▶ PROVIDED MATERIAL:
━━━
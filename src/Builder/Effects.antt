-- ===== src/Builder/Effects.antt =====
-- What a submission of crates/http/src/server/builder_api/post_bids.rs does to the storage.
use rs_mev_relay.Prelude.{
  refl, ◌∙◌, if_pos, if_neg, ℕ, some, ok, err, ◌≡◌, arith, ite, lookup-insert, ℕ_discrete,
}
use rs_mev_relay.Primitives.Bytes.{B256}
use rs_mev_relay.Primitives.Keys.{BlsPublicKey, BlsPublicKey-discrete}
use rs_mev_relay.Primitives.Bids.{BidSubmission, to_blinded_block_response}
use rs_mev_relay.Primitives.Registrations.{Validator}
use rs_mev_relay.Primitives.External.{External}
use rs_mev_relay.Storage.{
  InMemoryStorage, SlotHashKey, SlotHashKey-discrete, read_best_bid, read_best_bid_by_block_number,
  read_blinded_block_response, set_best_bid, set_blinded_block_response,
}
use rs_mev_relay.Builder.{accept, post_bids}
use rs_mev_relay.Builder.Admission.{Admissible, admit-eq-ok_iff}

abbrev pub bid_key : BidSubmission → SlotHashKey
bid_key b = record {
  slot = b.message.slot;
  hash = b.message.parent_hash;
  validator = b.message.proposer_pubkey;
}

abbrev pub key : ℕ → B256 → BlsPublicKey → SlotHashKey
key slot hash validator = record { slot = slot; hash = hash; validator = validator }

module _ (b : BidSubmission) (duty : Validator) (s : InMemoryStorage) where
  pub read_best_bid-accept :
      (slot : ℕ) (hash : B256) (validator : BlsPublicKey)
      → read_best_bid (accept b duty s) slot hash validator
        ≡ ite
            (SlotHashKey-discrete (key slot hash validator) (bid_key b))
            (some b)
            (read_best_bid s slot hash validator)
  unfolding read_best_bid accept set_best_bid set_blinded_block_response
  read_best_bid-accept slot hash validator =
      lookup-insert SlotHashKey-discrete (bid_key b) (key slot hash validator) b
        s.inner.best_bid_per_slot

  pub read_by_block_number-accept :
      (number : ℕ)
      → read_best_bid_by_block_number (accept b duty s) number
        ≡ ite
            (ℕ_discrete number b.execution_payload.block_number)
            (some b)
            (read_best_bid_by_block_number s number)
  unfolding read_best_bid_by_block_number accept set_best_bid set_blinded_block_response
  read_by_block_number-accept number =
      lookup-insert ℕ_discrete b.execution_payload.block_number number b
        s.inner.best_bid_by_block_number

  pub read_response-accept :
      (proposer : BlsPublicKey)
      → read_blinded_block_response (accept b duty s) proposer
        ≡ ite
            (BlsPublicKey-discrete proposer duty.entry.message.pubkey)
            (some (to_blinded_block_response b))
            (read_blinded_block_response s proposer)
  unfolding read_blinded_block_response accept set_best_bid set_blinded_block_response
  read_response-accept proposer =
      lookup-insert BlsPublicKey-discrete duty.entry.message.pubkey proposer
        (to_blinded_block_response b) s.inner.blinded_block_resp

  pub read_best_bid-accept_self :
      (k : SlotHashKey)
      → k ≡ bid_key b
      → read_best_bid (accept b duty s) k.slot k.hash k.validator ≡ some b
  read_best_bid-accept_self k e =
      read_best_bid-accept k.slot k.hash k.validator
      ∙ if_pos (SlotHashKey-discrete k (bid_key b)) e (some b)
          (read_best_bid s k.slot k.hash k.validator)

  pub read_best_bid-accept_other :
      (k : SlotHashKey)
      → ¬ (k ≡ bid_key b)
      → read_best_bid (accept b duty s) k.slot k.hash k.validator
        ≡ read_best_bid s k.slot k.hash k.validator
  read_best_bid-accept_other k n =
      read_best_bid-accept k.slot k.hash k.validator
      ∙ if_neg (SlotHashKey-discrete k (bid_key b)) n (some b)
          (read_best_bid s k.slot k.hash k.validator)

  pub read_response-accept_self :
      read_blinded_block_response (accept b duty s) duty.entry.message.pubkey
      ≡ some (to_blinded_block_response b)
  read_response-accept_self =
      let k = duty.entry.message.pubkey in
      read_response-accept k
      ∙ if_pos (BlsPublicKey-discrete k k) refl (some (to_blinded_block_response b))
          (read_blinded_block_response s k)

-- A storage with the three tables of another.
abbrev pub with_tables_of : InMemoryStorage → InMemoryStorage → InMemoryStorage
with_tables_of s t = record t {
  inner = record (t.inner) {
    best_bid_per_slot = s.inner.best_bid_per_slot;
    best_bid_by_block_number = s.inner.best_bid_by_block_number;
    blinded_block_resp = s.inner.blinded_block_resp;
  };
}

module _ (x : External) (b : BidSubmission) (s : InMemoryStorage) where
  -- A rejected submission leaves the storage as it was.
  pub post_bids-rejected : {e : _} → (post_bids x b s).1 ≡ err e → (post_bids x b s).0 ≡ s
  unfolding post_bids
  post_bids-rejected h = ground arith

  pub post_bids-accepted :
      (duty : Validator) → Admissible x s b duty → post_bids x b s ≡ (accept b duty s, ok tt)
  unfolding post_bids
  post_bids-accepted duty a = ground (arith, (admit-eq-ok_iff x s b duty).1 a)

  -- An admissible submission changes three tables, each at one key, and nothing else of the storage
  -- and the metrics: it is the best bid for its slot, parent and proposer, the bid of its payload's
  -- block number, and its payload is the response for the proposer on duty.
  pub post_bids-reads :
      (duty : Validator)
      → Admissible x s b duty
      → let t = (post_bids x b s).0 in
        ((slot : ℕ) (hash : B256) (validator : BlsPublicKey)
          → read_best_bid t slot hash validator
            ≡ ite
                (SlotHashKey-discrete (key slot hash validator) (bid_key b))
                (some b)
                (read_best_bid s slot hash validator))
        × ((number : ℕ)
            → read_best_bid_by_block_number t number
              ≡ ite
                  (ℕ_discrete number b.execution_payload.block_number)
                  (some b)
                  (read_best_bid_by_block_number s number))
        × ((proposer : BlsPublicKey)
            → read_blinded_block_response t proposer
              ≡ ite
                  (BlsPublicKey-discrete proposer duty.entry.message.pubkey)
                  (some (to_blinded_block_response b))
                  (read_blinded_block_response s proposer))
        × (with_tables_of s t ≡ s)
  unfolding accept set_best_bid set_blinded_block_response
  post_bids-reads duty a = rw (post_bids-accepted duty a) (
    read_best_bid-accept b duty s,
    read_by_block_number-accept b duty s,
    read_response-accept b duty s,
    refl,
  )
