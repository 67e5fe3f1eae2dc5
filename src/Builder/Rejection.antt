-- ===== src/Builder/Rejection.antt =====
-- Why a submission of crates/http/src/server/builder_api/post_bids.rs is rejected.
use Prim.Native.String.{String}
use mathlib.Core.List.{Mem}
use rs_mev_relay.Prelude.{
  ◌+◌, ◌%◌, ◌≤◌, false, some, none, err, ◌≡◌, ◌≢◌, ◌⊎◌, arith, contains_iff, Option-cases, inl, inr,
}
use rs_mev_relay.Primitives.Keys.{BlsPublicKey-discrete}
use rs_mev_relay.Primitives.Bids.{BidTrace, BidSubmission, gt}
use rs_mev_relay.Primitives.Chain.{
  ValidationErrors, slot, prev_randao, is_next_slot, validate_bid, u64_mod,
}
use rs_mev_relay.Primitives.Domains.{compute_builder_domain}
use rs_mev_relay.Primitives.External.{External, verify_bid_signature}
use rs_mev_relay.Storage.{InMemoryStorage, read_best_bid, is_whitelisted_builder, find_duty_by_slot}
use rs_mev_relay.Builder.{
  admit, describe, is_bid_higher, PostBidsError, below_floor, zero_bid, unauthorized_builder,
  past_slot_submission, duty_not_found, invalid_signature, invalid_payload_attrs,
}

-- What is wrong with a submission that is rejected with an error.
unfoldable pub Violates : External → InMemoryStorage → BidSubmission → PostBidsError → Type 0
Violates x s b below_floor =
    (best : BidSubmission) × (read_best_bid s b.message.slot b.message.parent_hash
        b.message.proposer_pubkey
      ≡ some best)
    × (b.message.value.value ≤ best.message.value.value)
Violates x s b zero_bid = b.message.value.value ≡ 0
Violates x s b unauthorized_builder = ¬ (Mem b.message.builder_pubkey s.inner.wlist_builders)
Violates x s b past_slot_submission = (s.inner.slot.slot + 1) % u64_mod ≢ b.message.slot
Violates x s b (invalid_payload_attrs text) =
    let attr = s.inner.payload_attributes in
    (text ≡ "Payload attributes: Invalid slot.") × (attr.proposal_slot ≢ b.message.slot)
    ⊎ (text ≡ "Payload attributes: Invalid prev_randao.")
      × (attr.proposal_slot ≡ b.message.slot)
      × (attr.payload_attributes.prev_randao ≢ b.execution_payload.prev_randao)
Violates x s b duty_not_found = find_duty_by_slot s b.message.slot ≡ none
Violates x s b invalid_signature =
    verify_bid_signature x b.message b.signature
      (compute_builder_domain x.fork_data_root s.inner.fork_data)
    ≡ false

not_higher :
    (s : InMemoryStorage) (b : BidTrace)
    → is_bid_higher s b ≡ false
    → (best : BidSubmission) × (read_best_bid s b.slot b.parent_hash b.proposer_pubkey ≡ some best)
      × (b.value.value ≤ best.message.value.value)
unfolding is_bid_higher gt
not_higher s b h = elim (Option-cases (read_best_bid s b.slot b.parent_hash b.proposer_pubkey)) [
  | inl e ↦ absurd (ground arith)
  | inr (best, e) ↦ (best, e, ground arith)
]

module _ (x : External) (s : InMemoryStorage) (b : BidSubmission) where
  higher_false : admit x s b ≡ err below_floor → is_bid_higher s b.message ≡ false
  unfolding admit
  higher_false h = ground arith

  whitelisted_false :
      admit x s b ≡ err unauthorized_builder
      → is_whitelisted_builder s b.message.builder_pubkey ≡ false
  unfolding admit
  whitelisted_false h = ground arith

  invalid_attributes :
      (text : String)
      → admit x s b ≡ err (invalid_payload_attrs text)
      → (why : ValidationErrors) × (validate_bid s.inner.payload_attributes b.message.slot
            b.execution_payload.prev_randao
          ≡ err why)
        × (text ≡ describe why)
  unfolding admit
  invalid_attributes text h = ground arith

  attributes_violated :
      (text : String) (why : ValidationErrors)
      → validate_bid s.inner.payload_attributes b.message.slot b.execution_payload.prev_randao
        ≡ err why
      → text ≡ describe why
      → Violates x s b (invalid_payload_attrs text)
  unfolding Violates validate_bid describe
  attributes_violated text slot failed told = inl (told, ground arith)
  attributes_violated text prev_randao failed told = inr (told, ground arith, ground arith)

  -- A rejection tells what is wrong: a bid below the floor is not above the best bid for its slot,
  -- parent and proposer, of which there is one; a zero bid has the value 0; the builder of an
  -- unauthorized one is not whitelisted; a past slot is not the one after the head; a text on the
  -- payload attributes that names the slot is of another slot than theirs, and one that names the
  -- randao is of their slot and another randao; where no duty is found, there is none for the slot;
  -- and an invalid signature is not verified.
  pub admit-Violates : (e : PostBidsError) → admit x s b ≡ err e → Violates x s b e
  unfolding Violates admit is_next_slot validate_bid is_whitelisted_builder
  admit-Violates below_floor h = not_higher s b.message (higher_false h)
  admit-Violates zero_bid h = ground arith
  admit-Violates unauthorized_builder h = λ m.
      let there =
        (contains_iff BlsPublicKey-discrete s.inner.wlist_builders b.message.builder_pubkey).1 m in
      let missing = whitelisted_false h in ground arith
  admit-Violates past_slot_submission h = λ e. ground arith
  admit-Violates (invalid_payload_attrs text) h =
      let (why, failed, told) = invalid_attributes text h in
      attributes_violated text why failed told
  admit-Violates duty_not_found h = ground arith
  admit-Violates invalid_signature h = ground arith
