-- ===== src/Primitives/Versions.antt =====
-- crates/primitives/src/blst/signer.rs: fork versions, as four bytes and as text. The library hex's
-- `decode` comes in as a function.
pub mod Roundtrip
use Prim.Native.String.{String}
use rs_mev_relay.Prelude.{
  ℕ, List, [], ◌∷◌, ◌++◌, length, Result, ok, err, ◌>>=◌, map_err, codes, ◌==◌, if◌then◌else◌,
}
use rs_mev_relay.Primitives.Bytes.{Bytes}

pub record ForkVersion : Type 0 where
  pub bytes : Bytes

-- `NamedChain` of the library alloy-chains: the chains that are matched on, and any other by its name.
pub data NamedChain : Type 0 where
  mainnet goerli holesky sepolia dev : NamedChain
  other : (debug : List ℕ) → NamedChain

-- `trim_start_matches("0x")`, which takes the prefix off as often as it stands there.
unfoldable pub trim_prefix : List ℕ → List ℕ
trim_prefix [] = []
trim_prefix (c ∷ []) = c ∷ []
trim_prefix (c ∷ d ∷ s) =
    let rest = trim_prefix s in
    if c == 48 then (if d == 120 then rest else c ∷ d ∷ s) else c ∷ d ∷ s

module _ (hex_decode : List ℕ → Result String Bytes) where
  unfoldable pub from_str : List ℕ → Result (List ℕ) ForkVersion
  from_str s = do
    bytes ← map_err (λ e. codes "Invalid fork version: " ++ codes e) (hex_decode (trim_prefix s))
    if length bytes == 4
        then ok (record { bytes = bytes })
        else err (codes "Invalid fork version length")

  -- The genesis version of a chain; the match's last arm is an error.
  unfoldable pub try_from_chain : NamedChain → Result (List ℕ) ForkVersion
  try_from_chain mainnet = from_str (codes "0x00000000")
  try_from_chain goerli = from_str (codes "0x00001020")
  try_from_chain holesky = from_str (codes "0x01017000")
  try_from_chain sepolia = from_str (codes "0x90000069")
  try_from_chain dev = from_str (codes "0x20000089")
  try_from_chain (other debug) = err (codes "Unsupported chain: " ++ debug)
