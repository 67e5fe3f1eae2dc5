-- ===== src/Cli.antt =====
-- bin/relay/src/cli.rs: the arguments, as the library clap hands them over, and what is made of them.
use Prim.Native.String.{String}
use rs_mev_relay.Prelude.{
  ℕ, List, ◌++◌, replicate, length, Result, ok, err, ◌>>=◌, map_err, ok_or, collect, codes, ◌==◌,
  if◌then◌else◌,
}
use rs_mev_relay.Primitives.Bytes.{Bytes, B256, hash_size}
use rs_mev_relay.Primitives.Keys.{BlsPublicKey}
use rs_mev_relay.Primitives.Domains.{ForkData, ForkDatas, zero_hash}
use rs_mev_relay.Primitives.Versions.{
  ForkVersion, NamedChain, trim_prefix, from_str, try_from_chain,
}
use rs_mev_relay.Primitives.External.{External}

abbrev pub default_grpc_port : String
default_grpc_port = "50051"

abbrev pub default_http_port : String
default_http_port = "9063"

abbrev pub default_metrics_port : String
default_metrics_port = "9090"

abbrev pub default_fork_version : String
default_fork_version = "0x00000000"

abbrev pub default_current_version : String
default_current_version = "0x20000093"

abbrev pub default_validators_root : String
default_validators_root = "0x4b363db94e286120d76eb905340fdd4e54bfe9f06bf33ff6cf5ad27f511bfe95"

pub record CliArgs : Type 0 where
  pub mbs_auth_url : List ℕ
  pub beacon_url : List ℕ
  pub grpc_port : ℕ
  pub http_port : ℕ
  pub metrics_port : ℕ
  pub slots_per_epoch : ℕ
  pub white_listed_builders : List Bytes
  pub genesis_fork_version : ForkVersion
  pub current_fork_version : ForkVersion
  pub genesis_validators_root : B256
  pub chain : NamedChain
  pub bls_secret_key : Bytes

-- `SocketAddr`
pub record SocketAddr : Type 0 where
  pub ip : Bytes
  pub port : ℕ

-- The addresses of the servers: 0.0.0.0 and the port.
unfoldable pub grpc_addr : CliArgs → SocketAddr
grpc_addr args = record { ip = replicate 4 0; port = args.grpc_port }

unfoldable pub metrics_port_of : CliArgs → ℕ
metrics_port_of args = args.metrics_port

unfoldable pub http_addr : CliArgs → SocketAddr
http_addr args = record { ip = replicate 4 0; port = args.http_port }

unfoldable pub secret_key_of : CliArgs → Bytes
secret_key_of args = args.bls_secret_key

-- `StartUpErrors::InvalidChain` is the only error of this.
unfoldable pub genesis_fork_version :
    (List ℕ → Result String Bytes) → CliArgs → Result (List ℕ) ForkVersion
genesis_fork_version hex_decode args = try_from_chain hex_decode args.chain

unfoldable pub fork_data_builder : CliArgs → ForkData
fork_data_builder args = record {
  current_version = args.genesis_fork_version.bytes;
  genesis_validators_root = zero_hash;
}

unfoldable pub fork_data_proposer : CliArgs → ForkData
fork_data_proposer args = record {
  current_version = args.current_fork_version.bytes;
  genesis_validators_root = args.genesis_validators_root;
}

unfoldable pub fork_data : CliArgs → ForkDatas
fork_data args = record { builder = fork_data_builder args; proposer = fork_data_proposer args }

-- Bytes that are no key make the conversion panic.
unfoldable pub enabled_key : External → Bytes → Result String BlsPublicKey
enabled_key x bytes = do
  point ← ok_or (x.read_public_key bytes) "Failed to parse public key from fixed bytes"
  ok (record { point = point })

unfoldable pub enabled_builders : External → CliArgs → Result String (List BlsPublicKey)
enabled_builders x args = collect (enabled_key x) args.white_listed_builders

unfoldable pub parse_fork_version :
    (List ℕ → Result String Bytes) → List ℕ → Result (List ℕ) ForkVersion
parse_fork_version hex_decode s = from_str hex_decode s

unfoldable pub parse_genesis_root : (List ℕ → Result String Bytes) → List ℕ → Result (List ℕ) B256
parse_genesis_root hex_decode s = do
  bytes ← map_err (λ e. codes "Invalid genesis root: " ++ codes e) (hex_decode (trim_prefix s))
  if length bytes == hash_size
      then ok (record { bytes = bytes })
      else err (codes "Invalid genesis root length")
━━━
▶ TO DO: Look above for every line with the word "debug" and copy it.

▶ EXERCISE OUTPUT:
  other : (debug : List ℕ) → NamedChain
  try_from_chain (other debug) = err (codes "Unsupported chain: " ++ debug)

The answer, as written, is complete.